I think in most of the smaller sized tanks, if the temp reaches the 80's then the whole tank is that temp. In taller, unsealed tanks there is a temperature gradient. In most of my tanks, at the bottom in the leaf litter it is around 73, hitting the low 80's at the top of the glass. Most pumilios tolerate the higher temps, with it getting colder at night as well.

rob


----------



## markbudde (Jan 4, 2008)

can you go into more detail about the frog you lost? I'm also interested in how much truth there is to this myth.
-mark


----------



## Dendrobait (May 29, 2005)

i agree with rob. It would be interesting to test the temperature at ground level, which may be a degree-a few degrees lower. Unlike in vivs the frogs are not forced to stay out in the heat all the time and can escape to thermoregulate if needed.


----------



## leveldrummer (May 30, 2008)

i think in the wild, ground temperature, in the shade of other plants, with wind, and humidity evaporation, it would end up a much cooler environment than the 90 degrees you feel with the sun beating on your back.


----------



## dom (Sep 23, 2007)

fresh air movement might have something to do with it also..


----------



## DizzyD (Sep 19, 2006)

I'm willing to bet the closer to the ground, the lower the temp. Ever walk into your basement on a 90 something degree day? 
Oh, and I'm guessing our "temp rules" are definitely made w/ 10 gallon tanks in mind, less room/freedom for frogs to find a "cooler" place if they require it. I guess in theory, if you had a huge tank/display, you would have a very large temp gradient from top to bottom, where hitting the upper 90's at the very top wouldn't be so bad. 
If someone were to take temp data from one of the zoos w/ a large pdf enclosure we would get some great info. Of course you would have to watch a frog all day and compare the temp's w/ the frog's location in the tank. It would probably be a horrible job :wink: .


----------



## *GREASER* (Apr 11, 2004)

my tanks hit 86 last week and all the frogs were fine. And of course micro climates in the wild help with them being able to deal with high temps. I also keep my frogs really cold at times during the winter. Colder then some people think can be done.


----------



## frog_newbie (Sep 5, 2007)

I have had my tanks hit the mid 80's as well without problems, seems like my frogs called more too. But I will be getting a Herpostat to control the temps in my frog room when I get a new place.

Bruce


----------



## Dendrobait (May 29, 2005)

Obvious question is what species were they and how long has it been since this high temp exposure.


----------



## boricorso (Feb 19, 2008)

Im no expert and just recently got back into darts.

Im keeping 2 pumilio in temps between between 80-88, most days in the 82-85 range. they seem to be doing great but I will have to let you know how they keep doing a littlle bit down the line and once moved to their permanent enclosures.
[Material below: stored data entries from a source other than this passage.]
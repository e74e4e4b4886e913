-- ===== src/Cbor/Tree.antt =====
-- CBOR data items as trees, and the bytes that RFC 8949 §3 gives each: the description of what a
-- sequence of encoder calls writes and of what the decoder walks over.
pub mod Emit
pub mod Size
use hiya.Base.{ℕ, suc, ◌+◌, ◌^◌, ◌≤◌, ◌<◌, ◌⊎◌, List, ◌∷◌, [], ◌++◌, length}
use hiya.Cbor.{Major}
use hiya.Cbor.Head.{head, be}
use Prim.Native.Nat.{max}

mutual
  pub data Tree : Type 0 where
    uint : ℕ → Tree
    negint : ℕ → Tree
    bstr : List ℕ → Tree
    tstr : List ℕ → Tree
    array : Trees → Tree
    map : Pairs → Tree
    tag : ℕ → Tree → Tree
    simple : ℕ → Tree
    float : ℕ → Tree
    double : ℕ → Tree

  pub data Trees : Type 0 where
    nil : Trees
    item : Tree → Trees → Trees

  pub data Pairs : Type 0 where
    empty : Pairs
    pair : Tree → Tree → Pairs → Pairs

abbrev pub count_items : Trees → ℕ
count_items nil = 0
count_items (item t ts) = suc (count_items ts)

abbrev pub count_pairs : Pairs → ℕ
count_pairs empty = 0
count_pairs (pair k v ps) = suc (count_pairs ps)

-- The bytes of an item. A float or a double is its IEEE 754 bit pattern.
unfoldable mutual
  pub encode : Tree → List ℕ
  encode (uint v) = head Major.uint v
  encode (negint v) = head Major.negint v
  encode (bstr bs) = head Major.bstr (length bs) ++ bs
  encode (tstr bs) = head Major.tstr (length bs) ++ bs
  encode (array ts) = head Major.array (count_items ts) ++ encode_items ts
  encode (map ps) = head Major.map (count_pairs ps) ++ encode_pairs ps
  encode (tag n t) = head Major.tag n ++ encode t
  encode (simple v) = head Major.simple v
  encode (float bits) = 0xfa ∷ be 4 bits
  encode (double bits) = 0xfb ∷ be 8 bits

  pub encode_items : Trees → List ℕ
  encode_items nil = []
  encode_items (item t ts) = encode t ++ encode_items ts

  pub encode_pairs : Pairs → List ℕ
  encode_pairs empty = []
  encode_pairs (pair k v ps) = encode k ++ (encode v ++ encode_pairs ps)

-- The numbers fit the fields that carry them; simple values 24 to 31 are reserved.
abbrev mutual
  pub IsValid : Tree → Type 0
  IsValid (uint v) = v < 2 ^ 64
  IsValid (negint v) = v < 2 ^ 64
  IsValid (bstr bs) = length bs < 2 ^ 63
  IsValid (tstr bs) = length bs < 2 ^ 63
  IsValid (array ts) = AreValid ts
  IsValid (map ps) = ArePairsValid ps
  IsValid (tag n t) = (n < 2 ^ 64) × IsValid t
  IsValid (simple v) = (v < 24) ⊎ ((32 ≤ v) × (v < 256))
  IsValid (float bits) = bits < 2 ^ 32
  IsValid (double bits) = bits < 2 ^ 64

  pub AreValid : Trees → Type 0
  AreValid nil = Unit {0}
  AreValid (item t ts) = IsValid t × AreValid ts

  pub ArePairsValid : Pairs → Type 0
  ArePairsValid empty = Unit {0}
  ArePairsValid (pair k v ps) = IsValid k × IsValid v × ArePairsValid ps

-- How many containers are open at once while the item is written. A tag opens none.
abbrev mutual
  pub opens : Tree → ℕ
  opens (array ts) = suc (opens_items ts)
  opens (map ps) = suc (opens_pairs ps)
  opens (tag n t) = opens t
  opens _ = 0

  pub opens_items : Trees → ℕ
  opens_items nil = 0
  opens_items (item t ts) = max (opens t) (opens_items ts)

  pub opens_pairs : Pairs → ℕ
  opens_pairs empty = 0
  opens_pairs (pair k v ps) = max (opens k) (max (opens v) (opens_pairs ps))

-- How deep the item nests for a reader, which counts tags too.
abbrev mutual
  pub level : Tree → ℕ
  level (array ts) = level_items ts
  level (map ps) = level_pairs ps
  level (tag n t) = suc (level t)
  level _ = 0

  pub level_items : Trees → ℕ
  level_items nil = 0
  level_items (item t ts) = max (suc (level t)) (level_items ts)

  pub level_pairs : Pairs → ℕ
  level_pairs empty = 0
  level_pairs (pair k v ps) = max (suc (level k)) (max (suc (level v)) (level_pairs ps))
The climate here is very similar to that of Costa Rica and Panama so i decided to give it a try, and trust me 85 degrees feels more like 90 in warm humid days wheather you are in the shade or in the sun. Thats at ground level.

m


----------



## Julio (Oct 8, 2007)

*GREASER* said:


> my tanks hit 86 last week and all the frogs were fine. And of course micro climates in the wild help with them being able to deal with high temps. I also keep my frogs really cold at times during the winter. Colder then some people think can be done.


Hey Greg,
what do you keep yoru tank temps at in the winter? sometimes mine drop to the low to mid 60s at night and high 70s at night.


----------



## DF20 (Jul 7, 2007)

I have two cayo de agua tanks one is a 29vert and the other is a 24 high exo, and their temps are 84-86 everyday, and low 70s at night, and they are breeding, calling, and eating fine, and seem not to mind it at all. though i found that intermedius like cooler temps, the male would not call at the higher temps but when i moved him downstairs to a lower temp about 74 he called constantly, just what ive noticed...dan


----------



## knuckles4696 (Jun 23, 2008)

ok so im draggin up this post a lil cause i want more people to chime in with there temps. i live in arizona and honestly its been almost impossible to keep temps under 80 always. my frogs listed in my sig have been doing just fine too. it has not gotten to 85 yet but i have had 83 almost 84 degrees. mind you its not prolonged amount of time, and its only happened 3-4 times. but i do see 80-82 on a daily basis in my auratus tank wich is a 35 gallon, mind you they have so much plant cover that they dont have to receive direct light and there is also a waterfall with cool water. i ave never noticed a decreas in there activity there almost always out and about and even seem oblivious to me. my imi tank gets to about 80-80.5 and they also seem great(calling males and all) that temp is taken at the half way mark in there tank its a 18x18x24. my tinchoovers around 78-79 and shes always active same with my campana auratus. so hopefully we can get some more info, and i definetely agree that the wole keep under 80 thing might be a lil more geared towards the smaller tanks.


----------



## Pirateglow (Jul 29, 2008)

For the folks that mentioned their tanks were hitting mid 80's... do your frogs behave normally at these times? Do they stop breeding? Act stressed? 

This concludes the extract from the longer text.